##### GIVEN DATA #####

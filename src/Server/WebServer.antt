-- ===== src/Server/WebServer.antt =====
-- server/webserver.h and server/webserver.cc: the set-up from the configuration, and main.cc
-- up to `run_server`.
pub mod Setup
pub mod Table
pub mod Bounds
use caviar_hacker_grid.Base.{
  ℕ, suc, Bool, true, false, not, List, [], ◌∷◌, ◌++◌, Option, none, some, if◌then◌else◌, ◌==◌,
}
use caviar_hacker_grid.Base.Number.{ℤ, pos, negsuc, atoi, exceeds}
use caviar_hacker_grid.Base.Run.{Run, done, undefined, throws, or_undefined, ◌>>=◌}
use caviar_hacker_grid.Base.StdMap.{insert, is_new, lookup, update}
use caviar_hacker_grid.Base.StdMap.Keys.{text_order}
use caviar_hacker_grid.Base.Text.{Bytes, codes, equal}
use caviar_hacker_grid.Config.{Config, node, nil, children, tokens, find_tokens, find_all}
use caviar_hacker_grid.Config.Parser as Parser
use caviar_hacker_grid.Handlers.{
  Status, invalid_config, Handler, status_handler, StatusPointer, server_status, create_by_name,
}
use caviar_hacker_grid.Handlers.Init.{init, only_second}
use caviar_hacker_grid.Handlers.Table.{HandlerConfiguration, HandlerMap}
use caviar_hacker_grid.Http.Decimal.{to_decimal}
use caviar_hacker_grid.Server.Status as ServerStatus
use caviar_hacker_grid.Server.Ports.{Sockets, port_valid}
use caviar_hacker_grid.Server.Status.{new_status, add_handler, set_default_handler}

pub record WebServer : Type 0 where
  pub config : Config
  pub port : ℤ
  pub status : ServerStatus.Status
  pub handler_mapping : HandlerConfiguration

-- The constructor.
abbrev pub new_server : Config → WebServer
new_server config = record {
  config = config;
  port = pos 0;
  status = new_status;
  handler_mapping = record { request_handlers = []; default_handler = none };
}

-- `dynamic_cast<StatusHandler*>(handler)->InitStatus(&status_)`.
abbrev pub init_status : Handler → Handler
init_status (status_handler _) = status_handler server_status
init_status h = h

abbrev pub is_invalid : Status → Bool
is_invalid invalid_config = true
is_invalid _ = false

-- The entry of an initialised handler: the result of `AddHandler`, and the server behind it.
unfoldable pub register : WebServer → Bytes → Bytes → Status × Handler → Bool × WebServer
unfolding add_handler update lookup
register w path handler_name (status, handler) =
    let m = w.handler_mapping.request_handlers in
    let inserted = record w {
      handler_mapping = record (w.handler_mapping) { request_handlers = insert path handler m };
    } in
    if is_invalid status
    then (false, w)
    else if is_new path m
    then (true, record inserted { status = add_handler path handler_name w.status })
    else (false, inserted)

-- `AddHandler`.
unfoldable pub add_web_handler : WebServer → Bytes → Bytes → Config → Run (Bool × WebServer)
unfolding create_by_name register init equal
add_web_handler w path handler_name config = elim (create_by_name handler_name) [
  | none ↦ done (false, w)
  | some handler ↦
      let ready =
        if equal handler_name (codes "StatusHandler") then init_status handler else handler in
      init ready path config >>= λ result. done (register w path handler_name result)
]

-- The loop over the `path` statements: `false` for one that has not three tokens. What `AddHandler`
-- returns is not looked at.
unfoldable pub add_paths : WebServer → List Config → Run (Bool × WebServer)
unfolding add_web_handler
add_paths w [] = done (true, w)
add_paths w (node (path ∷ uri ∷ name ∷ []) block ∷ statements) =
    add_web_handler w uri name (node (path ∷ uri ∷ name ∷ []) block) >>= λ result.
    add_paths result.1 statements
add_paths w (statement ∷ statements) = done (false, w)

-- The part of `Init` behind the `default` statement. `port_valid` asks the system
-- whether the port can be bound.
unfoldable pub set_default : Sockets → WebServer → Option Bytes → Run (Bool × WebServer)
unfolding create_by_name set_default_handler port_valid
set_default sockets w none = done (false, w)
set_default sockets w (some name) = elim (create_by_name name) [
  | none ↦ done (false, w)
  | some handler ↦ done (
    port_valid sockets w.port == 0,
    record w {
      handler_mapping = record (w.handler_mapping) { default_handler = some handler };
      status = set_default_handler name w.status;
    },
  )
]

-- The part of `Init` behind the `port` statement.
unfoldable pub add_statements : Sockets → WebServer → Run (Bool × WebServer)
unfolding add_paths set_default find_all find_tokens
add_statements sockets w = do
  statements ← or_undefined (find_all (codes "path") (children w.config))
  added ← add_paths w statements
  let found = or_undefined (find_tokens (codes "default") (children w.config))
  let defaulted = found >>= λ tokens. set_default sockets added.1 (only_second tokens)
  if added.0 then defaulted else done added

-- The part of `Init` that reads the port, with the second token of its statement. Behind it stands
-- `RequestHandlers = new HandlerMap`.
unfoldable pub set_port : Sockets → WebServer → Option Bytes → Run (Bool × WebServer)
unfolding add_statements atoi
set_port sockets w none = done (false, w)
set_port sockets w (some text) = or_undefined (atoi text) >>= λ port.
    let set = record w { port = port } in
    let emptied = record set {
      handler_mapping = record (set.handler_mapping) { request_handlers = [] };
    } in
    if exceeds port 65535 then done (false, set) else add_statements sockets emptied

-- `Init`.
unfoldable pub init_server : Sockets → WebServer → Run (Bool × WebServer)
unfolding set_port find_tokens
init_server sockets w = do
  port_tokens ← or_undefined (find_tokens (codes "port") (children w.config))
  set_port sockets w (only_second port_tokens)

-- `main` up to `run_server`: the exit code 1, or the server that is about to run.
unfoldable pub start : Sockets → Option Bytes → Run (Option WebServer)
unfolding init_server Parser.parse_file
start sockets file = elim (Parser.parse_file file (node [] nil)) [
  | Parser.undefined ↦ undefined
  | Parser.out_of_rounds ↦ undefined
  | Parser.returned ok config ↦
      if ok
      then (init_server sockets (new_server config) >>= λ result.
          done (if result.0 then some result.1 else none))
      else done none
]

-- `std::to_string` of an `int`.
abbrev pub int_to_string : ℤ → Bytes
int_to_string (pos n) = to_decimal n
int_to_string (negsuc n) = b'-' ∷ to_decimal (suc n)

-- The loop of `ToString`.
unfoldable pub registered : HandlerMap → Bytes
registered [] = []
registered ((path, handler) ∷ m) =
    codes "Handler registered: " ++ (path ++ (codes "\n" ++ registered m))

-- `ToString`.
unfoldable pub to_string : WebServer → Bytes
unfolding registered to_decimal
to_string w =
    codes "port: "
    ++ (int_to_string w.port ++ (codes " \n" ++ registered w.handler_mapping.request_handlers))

#####

WORK REQUEST
In the entries above, find each line with the word "children" and show it.

THE COMPLETED TASK
use caviar_hacker_grid.Config.{Config, node, nil, children, tokens, find_tokens, find_all}
  statements ← or_undefined (find_all (codes "path") (children w.config))
  let found = or_undefined (find_tokens (codes "default") (children w.config))
  port_tokens ← or_undefined (find_tokens (codes "port") (children w.config))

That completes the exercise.